Fuentes judiciales confirmaron a Infobae que tanto Noami Quirós, quien conducía el vehículo Maverick (UTV), como Manuel Molinari, al mando de la Volkswagen Amarok, dieron positivo en las pruebas de alcoholemia. Un dato clave que surge del expediente es que la joven de 24 años presentaba una graduación alcohólica superior a la del empresario Molinari, principal imputado en la causa.
En contraste, los peritos no hallaron rastros de alcohol ni de estupefacientes en la sangre de Maximiliano Jerez, padre de Bastian, quien también viajaba en el vehículo pero no estaba al volante. La defensa de Jerez, encabezada por el abogado Matías Morla, designó a un perito de parte para supervisar el proceso y exigió la reserva de muestras para garantizar el derecho a una eventual contrapericia independiente.
El estado de salud de Bastian
Mientras la justicia avanza sobre las responsabilidades penales, el pequeño Bastian pelea por su vida en el Hospital Materno Infantil de Mar del Plata. Este sábado, el niño afrontó su sexta intervención quirúrgica desde que ingresó al centro de salud tras ser trasladado en helicóptero.

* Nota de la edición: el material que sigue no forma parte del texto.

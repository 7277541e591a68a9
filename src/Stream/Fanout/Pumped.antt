-- ===== src/Stream/Fanout/Pumped.antt =====
-- What a round of the pump leaves of a stream and its subscribers: internal/stream/fanout.go.
use mathlib.Core.Path.{subst}
use cam_server.Base.{
  ℕ, ◌+◌, ◌%◌, ◌<◌, ◌≤◌, ◌≡◌, ◌⊎◌, refl, sym, Bool, true, false, List, [], ◌∷◌, ◌++◌, String, ltb,
  length, List-cases, Bool-cases, inl, inr, GoMap, arith, if◌then◌else◌,
}
use cam_server.Stream.Fanout.{LiveStream, fan_out, pump}
use cam_server.Stream.Packet.{AvPacket}
use cam_server.Stream.Pool.{Pool, retain, release}
use cam_server.Subscriber.Defs.{Subscriber, live, buffered, deliver, bump, gop_cache_max}
use cam_server.Subscriber.Gop.{last, starts_group, update_gop-last}

module _ (info : ℕ → AvPacket) (sent : String → ℕ → Bool) where
  -- What a delivery leaves of a subscriber. A viewer's cache has the last 256 packets of its group, the
  -- new one included; a channel has the new packet behind the others if there was room, and otherwise
  -- counts it as dropped.
  abbrev pub Took : Bool → ℕ → Subscriber → Subscriber → Type 0
  Took done p (live l) (live l') =
      (l'.gop ≡ last gop_cache_max ((if starts_group info p then [] else l.gop) ++ p ∷ []))
      × (l'.live_dropped ≡ (if done then l.live_dropped else bump l.live_dropped))
  Took done p (buffered b) (buffered b') =
      ((length b.queue < b.capacity) × (b' ≡ record b { queue = b.queue ++ p ∷ [] }))
      ⊎ ((b.capacity ≤ length b.queue) × (b' ≡ record b { dropped = bump b.dropped }))
  Took done p (live l) (buffered b) = ⊥
  Took done p (buffered b) (live l) = ⊥

  -- Every subscriber has had the packet, under the identifier that it had.
  abbrev pub Handed : ℕ → GoMap Subscriber → GoMap Subscriber → Type 0
  Handed p [] [] = Unit
  Handed p ((id, sub) ∷ subs) ((id', sub') ∷ subs') =
      (id' ≡ id) × Took (sent id p) p sub sub' × Handed p subs subs'
  Handed p [] ((id, sub) ∷ subs) = ⊥
  Handed p ((id, sub) ∷ subs) [] = ⊥

  deliver-Took :
      (done : Bool) (p : ℕ) (sub : Subscriber) (pool : Pool)
      → Took done p sub (deliver info done p sub pool).0
  unfolding deliver
  deliver-Took done p (live l) pool = (update_gop-last info p l.gop pool, refl)
  deliver-Took done p (buffered b) pool = elim (Bool-cases (ltb (length b.queue) b.capacity)) [
    | inl e ↦ rw (e, deliver) (inl (ground (arith, e), refl))
    | inr e ↦ rw (e, deliver) (inr (ground (arith, e), refl))
  ]

  fan_out-Handed :
      (p : ℕ) (subs : GoMap Subscriber) (pool : Pool)
      → Handed p subs (fan_out info sent p subs pool).0
  unfolding fan_out
  fan_out-Handed p [] pool = tt
  fan_out-Handed p ((id, sub) ∷ subs) pool = (
    refl,
    deliver-Took (sent id p) p sub (retain p pool),
    fan_out-Handed p subs (deliver info (sent id p) p sub (retain p pool)).1,
  )

  -- What one round of the pump does to a stream: nothing where it is closed or no packet waits, and
  -- otherwise it takes the first packet that waits, counts it and hands it to every subscriber.
  abbrev pub Pumped : LiveStream → Pool → LiveStream → Pool → Type 0
  Pumped s pool s' pool' =
      (((s.closed ≡ true) ⊎ (s.ingest ≡ [])) × (s' ≡ s) × (pool' ≡ pool))
      ⊎ ((p : ℕ) × (rest : List ℕ) × (s.closed ≡ false)
          × (s.ingest ≡ p ∷ rest)
          × (s'.ingest ≡ rest)
          × (s'.packets_total ≡ (s.packets_total + 1) % 18446744073709551616)
          × (s'.closed ≡ false)
          × Handed p s.subs s'.subs)

  pump_still :
      (s : LiveStream) (pool : Pool)
      → (s.closed ≡ true) ⊎ (s.ingest ≡ [])
      → pump info sent s pool ≡ (s, pool)
  unfolding pump
  pump_still s pool (inr e) = ground (arith, e)
  pump_still s pool (inl e) = elim (List-cases s.ingest) [
    | inl f ↦ ground (arith, f)
    | inr (p, rest, f) ↦ ground (arith, e, f)
  ]

  -- The round of an open stream where `p` is the first packet that waits.
  abbrev round : ℕ → List ℕ → LiveStream → Pool → LiveStream × Pool
  round p rest s pool =
      let (subs', pool') = fan_out info sent p s.subs pool in
      (
        record s {
          subs = subs';
          ingest = rest;
          packets_total = (s.packets_total + 1) % 18446744073709551616;
        },
        release p pool',
      )

  pump-round :
      (p : ℕ) (rest : List ℕ) (s : LiveStream) (pool : Pool)
      → s.closed ≡ false
      → s.ingest ≡ p ∷ rest
      → pump info sent s pool ≡ round p rest s pool
  unfolding pump
  pump-round p rest s pool is_open waiting = ground (arith, is_open, waiting)

  pub pump-Pumped :
      (s : LiveStream) (pool : Pool)
      → Pumped s pool (pump info sent s pool).0 (pump info sent s pool).1
  pump-Pumped s pool =
      let still = λ (why : (s.closed ≡ true) ⊎ (s.ingest ≡ [])).
        subst (λ r. Pumped s pool r.0 r.1) (sym (pump_still s pool why)) (inl (why, refl, refl)) in
      elim (List-cases s.ingest) [
        | inl e ↦ still (inr e)
        | inr (p, rest, e) ↦ elim (Bool-cases s.closed) [
          | inl f ↦ still (inl f)
          | inr f ↦
              subst (λ r. Pumped s pool r.0 r.1) (sym (pump-round p rest s pool f e))
                (inr (p, rest, f, e, refl, refl, f, fan_out-Handed p s.subs pool))
        ]
      ]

El último parte médico detalló que se le realizó una fijación cervical y una traqueostomía. Los especialistas indicaron que, si bien el paciente se encuentra estable, su cuadro sigue siendo delicado debido a las severas lesiones que la resonancia magnética detectó en su cerebro y en la columna cervical. Bastian permanece internado en la unidad de terapia intensiva bajo monitoreo constante.
El accidente
El hecho ocurrió el pasado 14 de enero, cuando el UTV en el que viajaba Bastian junto a su padre y sus dos hermanas colisionó contra la camioneta Amarok en los médanos pinamarenses. El impacto provocó múltiples fracturas de cráneo en el menor y daños estructurales severos en ambos rodados.
El fiscal Sergio García, a cargo de la instrucción, ordenó el secuestro de los dos vehículos y de sus sistemas electrónicos. La justicia busca acceder a los datos almacenados en los grabadores de datos de colisión (EDR), una especie de "caja negra" automotriz que permitirá reconstruir la velocidad, los movimientos previos y la fuerza del impacto.